世の中にはとても多くの日本史学習のための参考書や問題集があるわけですが、1つで全てを網羅できているものはありません。ですから、今の自分の学習ステージとレベルにおいて、次のステージ・レベルに上がって行くために必要な参考書をしっかりと見極める必要あります。そのために、まずは日本史学習のステージを分類してみましょう。

ファーストステージ〜基礎の学習〜

どんな科目でも、どんなレベルを目指す子でも基礎の確からしさというのは大変重要で、受験に向かうにあたりここを飛ばすことは推奨できません。たとえ東大を目指せるようなレベルの子でも、です。

基礎の学習については、目指すべきレベルなどによって学習内容を変える必要はありません。野球で言えば、素振りとキャッチボールとベースランニング、のようなものです。どんな名選手でも必要な練習です。

このステージの学習で大事なことは、いたずらに覚えようとするのではなく、きちんと物事の因果関係をインプットして行くこと、です。

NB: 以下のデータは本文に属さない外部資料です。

-- ===== src/Mapping/Bridge.antt =====
-- AYLink.Web/src/features/inputMapping/inputMappingCommandBridge.ts. The variables of the closure are a
-- record, with the timers of the window and the log of what was sent; a repeat state is named by a
-- number, since its timers share it. What the senders answer, and whether they finalize a touch before
-- they return, are parameters; one that is finalized later is so by a call of its own.
pub mod Execution
pub mod Pointers
pub mod Runs
pub mod Ids
pub mod Timers
pub mod Taps
pub mod Repeats
pub mod Steps
pub mod Clearing
pub mod Log
pub mod Lifts
pub mod Ages
pub mod Aging
pub mod Stale
mod Tests
use aylink_extra.Prelude.{
  ℕ, zero, suc, ◌+◌, ◌-◌, ◌*◌, ◌≤◌, ◌<◌, min, max, ◌≡◌, ◌≢◌, ◌⊎◌, ◌↔◌, inl, inr, refl, ap, sym, ◌∙◌,
  arith, List, [], ◌∷◌, ◌++◌, Bool, true, false, not, ◌&&◌, ◌||◌, Option, none, some, if◌then◌else◌,
  ltb, leb, ◌==◌, Bool-cases, Option-cases, length, is_some, get_or_else, is_id,
}
use aylink_extra.Prelude.Int.{ℤ, pos}
use aylink_extra.Prelude.Text.{String}
use aylink_extra.Prelude.Entries.{put, get_entry, set_entry, delete_entry}
use aylink_extra.Prelude.Numbers.{Numbers}
use aylink_extra.Mapping.Schema.{NormalizedPoint}
use aylink_extra.Mapping.Commands.{
  TouchPhase, touch_down, touch_move, touch_up, touch_cancel, Touch, HidPhase, InputMappingCommand,
  touch, touch_repeat, stop_touch_repeat, hid_key_command, hid_mouse_button_command,
  hid_mouse_wheel,
}

module _ (n : Numbers) where
  open n use {Num, int, lt}

  pub data Sent : Type 0 where
    sent_touch :
        TouchPhase
        → (pointer_id : ℕ) (pointer_key : String) → NormalizedPoint n
        → (pressure : Num) → Sent
    sent_key : HidPhase → (code : String) → Sent
    sent_button : HidPhase → (button : ℕ) → Sent
    sent_wheel : (delta_y : Num) → Sent

  -- Of the log, whose last entry is what is sent now.
  pub record Senders : Type 0 where
    pub accepts : List Sent → Bool
    pub finalizes : List Sent → Bool

  pub record RepeatState : Type 0 where
    pub interval_handle : ℕ
    pub up_handle : Option ℕ
    pub point : NormalizedPoint n
    pub is_down : Bool

  -- What a timer of the window does when it fires.
  pub data Timer : Type 0 where
    delayed : Touch n → (generation : ℕ) → Timer
    tap_once lift : (state : ℕ) (pointer_key : String) → NormalizedPoint n → Timer

  pub record InputMappingCommandBridge : Type 0 where
    pub pointer_ids : List (String × ℕ)
    pub pointer_generations : List (String × ℕ)
    pub pending_command_handles : List ℕ
    pub repeat_states : List (String × ℕ)
    pub states : ℕ → RepeatState
    pub next_state : ℕ
    pub next_pointer_id : ℕ
    pub timers : ℕ → Option Timer
    pub next_timer : ℕ
    pub sent : List Sent

  unfoldable pub create_input_mapping_command_bridge :
      (first_pointer_id : Option ℕ) (point : NormalizedPoint n) → InputMappingCommandBridge
  create_input_mapping_command_bridge first_pointer_id point = record {
    pointer_ids = [];
    pointer_generations = [];
    pending_command_handles = [];
    repeat_states = [];
    states = λ id. record { interval_handle = 0; up_handle = none; point = point; is_down = false };
    next_state = 0;
    next_pointer_id = get_or_else first_pointer_id 10000;
    timers = λ id. none;
    next_timer = 1;
    sent = [];
  }

  abbrev pub get_pointer_generation : String → InputMappingCommandBridge → ℕ
  get_pointer_generation pointer_key s = get_or_else (get_entry pointer_key s.pointer_generations) 0

  unfoldable pub bump_pointer_generation :
      String → InputMappingCommandBridge → InputMappingCommandBridge
  bump_pointer_generation pointer_key s = record s {
    pointer_generations =
        set_entry pointer_key (get_pointer_generation pointer_key s + 1) s.pointer_generations;
  }

  unfoldable pub get_or_create_pointer_id :
      String → InputMappingCommandBridge → InputMappingCommandBridge × ℕ
  get_or_create_pointer_id pointer_key s = elim (get_entry pointer_key s.pointer_ids) [
    | some existing ↦ (s, existing)
    | none ↦ (
      record s {
        next_pointer_id = s.next_pointer_id + 1;
        pointer_ids = set_entry pointer_key s.next_pointer_id s.pointer_ids;
        pointer_generations =
            set_entry pointer_key (get_pointer_generation pointer_key s) s.pointer_generations;
      },
      s.next_pointer_id,
    )
  ]

  -- Without an id, or with the id that the key has.
  unfoldable pub release_pointer_key_internal :
      String → Option ℕ → InputMappingCommandBridge → InputMappingCommandBridge
  release_pointer_key_internal pointer_key none s = record s {
    pointer_ids = delete_entry pointer_key s.pointer_ids;
  }
  release_pointer_key_internal pointer_key (some pointer_id) s =
      if is_id (get_entry pointer_key s.pointer_ids) pointer_id
      then record s { pointer_ids = delete_entry pointer_key s.pointer_ids }
      else s

  abbrev pub clear_timer : Option ℕ → InputMappingCommandBridge → InputMappingCommandBridge
  clear_timer none s = s
  clear_timer (some id) s = record s { timers = put id none s.timers }

  abbrev pub set_timer : Timer → InputMappingCommandBridge → InputMappingCommandBridge
  set_timer timer s = record s {
    timers = put s.next_timer (some timer) s.timers;
    next_timer = s.next_timer + 1;
  }

module _ (n : Numbers) (senders : Senders n) where
  open n use {Num, int}

  abbrev pub is_final : TouchPhase → Bool
  is_final touch_down = false
  is_final touch_move = false
  is_final touch_up = true
  is_final touch_cancel = true

  -- `executeNow` on a touch.
  unfoldable pub send_touch :
      TouchPhase
      → String
      → NormalizedPoint n
      → Num
      → InputMappingCommandBridge n
      → InputMappingCommandBridge n
  send_touch phase pointer_key point pressure s =
      let created = get_or_create_pointer_id n pointer_key s in
      let log = s.sent ++ sent_touch phase created.1 pointer_key point pressure ∷ [] in
      let logged = record (created.0) { sent = log } in
      if is_final phase && senders.finalizes log
      then release_pointer_key_internal n pointer_key (some created.1) logged
      else logged

  -- `stopTouchRepeat` with a repeat state.
  abbrev pub stop_state :
      String → RepeatState n → InputMappingCommandBridge n → InputMappingCommandBridge n
  stop_state pointer_key state s =
      let quiet = clear_timer n state.up_handle (clear_timer n (some state.interval_handle) s) in
      let stopped =
        bump_pointer_generation n pointer_key
          (record quiet { repeat_states = delete_entry pointer_key s.repeat_states }) in
      if state.is_down
      then send_touch touch_cancel pointer_key state.point (int (pos 0)) stopped
      else release_pointer_key_internal n pointer_key none stopped

  unfoldable pub stop_repeat : String → InputMappingCommandBridge n → InputMappingCommandBridge n
  stop_repeat pointer_key s = elim (get_entry pointer_key s.repeat_states) [
    | none ↦
        release_pointer_key_internal n pointer_key none (bump_pointer_generation n pointer_key s)
    | some id ↦ stop_state pointer_key (s.states id) s
  ]

  -- `tapOnce`
  unfoldable pub tap :
      (state : ℕ)
      → String
      → NormalizedPoint n
      → InputMappingCommandBridge n
      → InputMappingCommandBridge n
  tap state pointer_key point s =
      if (s.states state).is_down
      then s
      else let down =
          send_touch touch_down pointer_key point (int (pos 1)) (record s {
            states = put state (record (s.states state) { is_down = true }) s.states;
          }) in
        let waiting = set_timer n (lift state pointer_key point) down in
        record waiting {
          states =
              put state (record (down.states state) { up_handle = some down.next_timer })
                down.states;
        }

  -- The callback of `tapOnce`'s timer.
  unfoldable pub lift_up :
      (state : ℕ)
      → String
      → NormalizedPoint n
      → InputMappingCommandBridge n
      → InputMappingCommandBridge n
  lift_up state pointer_key point s =
      send_touch touch_up pointer_key point (int (pos 0)) (record s {
        states = put state (record (s.states state) { up_handle = none; is_down = false }) s.states;
      })

  unfoldable pub start_repeat :
      String → NormalizedPoint n → InputMappingCommandBridge n → InputMappingCommandBridge n
  start_repeat pointer_key point s =
      let stopped = stop_repeat pointer_key s in
      let state = stopped.next_state in
      let created = record stopped {
        next_state = state + 1;
        states =
            put state
              (record { interval_handle = 0; up_handle = none; point = point; is_down = false })
              stopped.states;
      } in
      let tapped = tap state pointer_key point created in
      let repeating = set_timer n (tap_once state pointer_key point) tapped in
      record repeating {
        states =
            put state (record (tapped.states state) { interval_handle = tapped.next_timer })
              tapped.states;
        repeat_states = set_entry pointer_key state tapped.repeat_states;
      }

例えば、武士が興ってきたのは、中央で藤原氏が外戚のポジションを得ることばかりに執着した結果、地方の行政が国司任せになり、その国司が徴税権を得た結果、やりたい放題をしたことが原因の1つです。その結果として、東で平将門の乱、西で藤原純友が反乱を起こすわけですが、この一連の流れを、ただただ「平将門の乱=939年」とか覚えてもほぼ意味がありません。年号は自然と時代感が入ってから、最後の方に必要性が高いならばしっかりと覚えていけばいいでしょう。この段階では、とにかく因果関係をきちんと整理して通史を確認したいところです。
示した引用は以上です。